It came away the colour of rust.

“I didn’t do it.”

“I didn’t ask.”

Fraser picked up a grey bedsheet and began tearing off strips.

“Why’d they let me go?”

“I don’t know.”

The room was going black, Fraser’s shirt grey.

I stood up.

“Sit down.”

“It was Foster, wasn’t it?”

“Sit down.”

“It was Don Foster, I fucking know it.”

“Eddie…”

“They fucking know it, don’t they?”

“Why Foster?”

I picked up a fistful of foolscap. “Because he’s the link in all this shit.”

“You think Foster killed Clare Kemplay?”

“Yeah.”

“Why?”

“Why not?”

“Bollocks. And Jeanette Garland and Susan Ridyard?”

“Yeah.”

“And Mandy Wymer and Paula Garland?”

“Yeah.”

“So why stop there? What about Sandra Rivett? Maybe it wasn’t Lucan after all, maybe it was Don Foster. And what about the bomb in Birmingham?”

“Fuck off. She’s dead. They’re all dead.”

“No but why? Why Don Foster? You haven’t given me a single fucking reason.”

I sat back down on the bed with my head in my hands, the room black, nothing making sense.

Fraser handed me two strips of grey bedsheet.

I wrapped the strips around my right hand and pulled tight.

“They were lovers.”

“So?”

“I have to see him,” I said.

“You’re going to accuse him?”

“There are things I need to ask him. Things only he knows.”

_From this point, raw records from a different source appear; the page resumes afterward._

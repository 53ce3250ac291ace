-- ===== src/Errors.antt =====
-- The error types: RepositoryError of backend/src/repository/mod.rs and ServiceError of
-- backend/src/services/mod.rs. A message is kept as its format string and arguments.
use aleth_os_tool_passport.Prelude.{ℕ, Bool, true, false, Text, Message}

-- what `sqlx` reports of a statement: the constraint that failed, `fetch_one` without a row, or
-- an I/O fault
pub data SqlError : Type 0 where
  unique_constraint foreign_key check_constraint row_not_found fault : SqlError

pub data RepositoryError : Type 0 where
  database : SqlError → RepositoryError
  invalid_stored_data : Message → RepositoryError
  run_state_changed : RepositoryError
  unique_violation : RepositoryError

unfoldable pub is_unique_violation : SqlError → Bool
is_unique_violation unique_constraint = true
is_unique_violation _ = false

pub data StorageError : Type 0 where
  io : StorageError
  too_large : ℕ → StorageError
  invalid_storage_key path_traversal : StorageError

pub data ServiceError : Type 0 where
  invalid_run_id : ServiceError
  invalid_request : Message → ServiceError
  run_not_found : ServiceError
  conflict : Message → ServiceError
  check_results_already_exist evidence_board_already_frozen : ServiceError
  evidence_board_not_found passport_already_frozen passport_not_found : ServiceError
  approval_already_exists approval_not_found attestation_already_exists : ServiceError
  attestation_attempt_already_exists attestation_not_found : ServiceError
  attestation_submission : Message → ServiceError
  tool_not_found invalid_tool_id_format tool_already_exists : ServiceError
  identifier_already_claimed : Text → ServiceError
  invalid_url : Message → ServiceError
  invalid_intake_version : ServiceError
  repository : RepositoryError → ServiceError
  storage : StorageError → ServiceError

Fraser picked up his jacket. “I’ll drive you.”

“You’ll be suspended.”

“I told you, I’m going to be suspended anyway.”

“Just give me the keys.”

“Why should I?”

“Because you’re all I’ve got.”

“Then you’re fucked.”

“Yeah. So let’s leave it at me.”

He looked like he was going to puke, but tossed me his keys.

“Thanks.”

“Don’t mention it.”

I went over to the sink and rinsed the old blood off my face.

“Did you see BJ?” I asked.

“No.”

“You didn’t go to the flat?”

“I went to the flat.”

“And?”

“And he’s either done a runner or been nicked. Fuck knows which.”

I heard dogs barking and men screaming.

“I should phone my mother,” I said.

Sergeant Eraser looked up. “What?”

I was standing at the door, his keys in my hand. “Which one is it?”

“The yellow Maxi,” he said.

I opened the door. “Bye then.”

“Bye.”

“Thanks,” I said, like I’d never see him ever again.

I closed the door to Room 27 and walked across the car park to his dirty yellow Maxi, parked between two Findus lorries.

I pulled out of the Redbeck and switched on the radio: the IRA had blown up Harrods, Mr Heath had missed a bomb by minutes, Aston Martin was going bust, Lucan had been spotted in Rhodesia, and there was a new Mastermind.

It was going up to eight as I parked beside the high walls of Trinity View.

I got out of the car and walked up to the gates.

They were open, the white lights on the tree still on.

I looked up the drive, across the lawn.

“Fuck!” I shouted aloud, running up the drive.

Halfway up, a Rover had hit the back of a Jaguar.

I cut across the grass, slipping in the cold dew.

Mrs Foster, in a fur coat, was bent over something on the lawn by the front door.

She was screaming.

I made a grab for her, my arms around her.

She lashed out in every direction with every available limb as I tried to push her back, back towards the house, back from whatever was on the lawn.

And then I got a look at him, a good look:

Fat and white, trussed with a length of black flex that ran round his neck and bound his hands behind him, in a pair of soiled white underpants, his hair all gone, his scalp red raw.

“No, no, no,” Mrs Foster was screaming.

Her husband’s eyes were wide open.

Mrs Foster, the fur coat streaked black with rain, made another rush for the body.

I blocked her hard, still staring down at Donald Foster, at the white flabby legs running in mud, at the knees smeared in blood, at the triangular burns on his back, at the tender head.

“Get inside,” I shouted, holding her tight, pushing her back through the front door.

“No, cover him.”

“Mrs Foster, please…”

“Please cover him!” she cried, thrashing out of her coat.

We were inside the house at the foot of the staircase.

I pushed her down on to the bottom stair.

“Wait here.”

I took the fur coat and walked back outside.

I draped the damp coat over Donald Foster.

I went back inside.

Mrs Foster was still sat on the bottom step.